◆ Work required ◆
Scan the entries for the word "Domain". Every line that has it should be copied.

(Items from a data source)
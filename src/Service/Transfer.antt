-- ===== src/Service/Transfer.antt =====
-- `TransferStock`: what a transfer that returns no error has done.
pub mod Taken
pub mod Undo
pub mod Undoes
use erp_stock.Base.{ℕ, String, ◌≡◌, refl, ap, subst, ◌∙◌, Bool, ◌∷◌}
use erp_stock.Base.Int.{pos, ◌+ℤ◌, ◌-ℤ◌}
use erp_stock.Float.Decimal.{taken}
use erp_stock.Float.{to_numeric, Float}
use erp_stock.Domain.Errors.{Result, ok, err, invalid}
use erp_stock.Domain.Types.{subtype_transfer}
use erp_stock.Store.Tables.{MovementRow, Tables}
use erp_stock.Store.Balances.Effects.{available, reserved, at_key}
use erp_stock.World.{World, Action, ◌>>◌, fail_if}
use erp_stock.World.Rules.{after, bind_ok}
use erp_stock.World.Always.{Always}
use erp_stock.World.SameStock.{
  SameStock, OnTables, OnTables-after_read, OnTables-then_read, new_uuid-SameStock, read_rules,
}
use erp_stock.Service.Reads.{get_product-SameStock, get_warehouse-SameStock}
use erp_stock.Service.Apply.{apply_qty_sub}
use erp_stock.Service.Apply.Effects.{
  signed, movement_of, Applied, AppliedOrFails, apply_qty_sub-AppliedOrFails,
}
use erp_stock.Service.Movements.{transfer_stock, or_credit, credited}

module _ {F : Type 0} ⦃fl : Float F⦄ (p src dst : String) (qty : F) where
  abbrev pub out_row : String → MovementRow
  out_row ref = movement_of p src "TRANSFER_OUT" subtype_transfer (to_numeric qty) "TRANSFER" ref

  abbrev pub in_row : String → MovementRow
  in_row ref = movement_of p dst "TRANSFER_IN" subtype_transfer (to_numeric qty) "TRANSFER" ref

  -- Both halves of a transfer.
  pub record Transferred (t u : Tables) : Type 0 where
    pub ref : String
    pub middle : Tables
    pub left : Applied (pos 0 -ℤ taken (fl.exact qty)) (out_row ref) t middle
    pub arrived : Applied (to_numeric qty) (in_row ref) middle u

  apply_ok :
      (wh typ ref : String) (w : World F) (a : Unit {0}) (v : World F)
      → apply_qty_sub p wh typ subtype_transfer qty "TRANSFER" ref w ≡ (ok a, v)
      → Applied
          (signed typ (fl.exact qty))
          (movement_of p wh typ subtype_transfer (to_numeric qty) "TRANSFER" ref)
          w.stock
          v.stock
  apply_ok wh typ ref w a v e =
      subst
        (λ x.
          AppliedOrFails (signed typ (fl.exact qty))
            (movement_of p wh typ subtype_transfer (to_numeric qty) "TRANSFER" ref) w.stock
            (after x))
        e (apply_qty_sub-AppliedOrFails p wh typ subtype_transfer qty "TRANSFER" ref w)

  credited_ok :
      (credit : Action F (Unit {0})) (x : Result (Unit {0}) × World F) (a : Unit {0}) (v : World F)
      → credited credit x ≡ (ok a, v)
      → x ≡ (ok a, v)
  credited_ok credit (ok b, u) a v e = e
  credited_ok credit (err b, u) a v e = cc

  second_half :
      (ref : String) (w v : World F) (a : Unit {0})
      → or_credit
          (apply_qty_sub p dst "TRANSFER_IN" subtype_transfer qty "TRANSFER" ref)
          (apply_qty_sub p src "TRANSFER_IN" subtype_transfer qty "TRANSFER" ref)
          w
        ≡ (ok a, v)
      → Applied (to_numeric qty) (in_row ref) w.stock v.stock
  unfolding or_credit
  second_half ref w v a e = apply_ok dst "TRANSFER_IN" ref w a v (
      credited_ok (apply_qty_sub p src "TRANSFER_IN" subtype_transfer qty "TRANSFER" ref)
        (apply_qty_sub p dst "TRANSFER_IN" subtype_transfer qty "TRANSFER" ref w) a v e)

  halves :
      (ref : String)
      → OnTables Transferred (do
        apply_qty_sub p src "TRANSFER_OUT" subtype_transfer qty "TRANSFER" ref
        or_credit
            (apply_qty_sub p dst "TRANSFER_IN" subtype_transfer qty "TRANSFER" ref)
            (apply_qty_sub p src "TRANSFER_IN" subtype_transfer qty "TRANSFER" ref))
  halves ref = record {
    at = λ w a u e.
        let (x, v, first, second) =
          bind_ok (apply_qty_sub p src "TRANSFER_OUT" subtype_transfer qty "TRANSFER" ref)
            (λ _.
              or_credit (apply_qty_sub p dst "TRANSFER_IN" subtype_transfer qty "TRANSFER" ref)
                (apply_qty_sub p src "TRANSFER_IN" subtype_transfer qty "TRANSFER" ref))
            w a u e in
        record {
          ref = ref;
          middle = v.stock;
          left = apply_ok src "TRANSFER_OUT" ref w x v first;
          arrived = second_half ref v u a second;
        };
  }

  guard-SameStock : (b : Bool) → Always {F = F} SameStock (fail_if b invalid)
  guard-SameStock b = search read_rules

  transfer_stock-Transferred : OnTables Transferred (transfer_stock p src dst qty)
  unfolding transfer_stock
  transfer_stock-Transferred =
      search
        (
          OnTables-after_read, OnTables-then_read, get_product-SameStock, get_warehouse-SameStock,
          new_uuid-SameStock, guard-SameStock, halves,
        )
        depth 12

-- A transfer that returns no error has taken its quantity in ten-thousandths, a half rounded down,
-- from the one warehouse and put it, a half rounded up, into the other; no other quantity and no reserved quantity has changed, and the two movements are recorded
-- under one reference, the one that arrives last.
pub transfer_moves :
    {F : Type 0} ⦃fl : Float F⦄ (p src dst : String) (qty : F) (w v : World F)
    → transfer_stock p src dst qty w ≡ (ok tt, v)
    → ((q u : String)
        → available q u v.stock
          ≡ available q u w.stock
            +ℤ at_key p src q u (pos 0 -ℤ taken (fl.exact qty))
            +ℤ at_key p dst q u (to_numeric qty))
      × ((q u : String) → reserved q u v.stock ≡ reserved q u w.stock)
      × ((ref : String) × (stamp : ℕ) × (later : ℕ) × (v.stock.movements
            ≡ record (in_row p src dst qty ref) { created_at = later }
              ∷ record (out_row p src dst qty ref) { created_at = stamp }
              ∷ w.stock.movements))
transfer_moves p src dst qty w v e =
    let done = (transfer_stock-Transferred p src dst qty).at w tt v e in
    (
      λ q u. rw (done.arrived.moved q u, done.left.moved q u) refl,
      λ q u. done.arrived.held q u ∙ done.left.held q u,
      (
        done.ref,
        w.stock.clock,
        done.middle.clock,
        done.arrived.added
            ∙ ap
                (λ ms.
                  record (in_row p src dst qty done.ref) { created_at = done.middle.clock } ∷ ms)
                done.left.added,
      ),
    )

◆ Written reply ◆
use erp_stock.Domain.Errors.{Result, ok, err, invalid}
use erp_stock.Domain.Types.{subtype_transfer}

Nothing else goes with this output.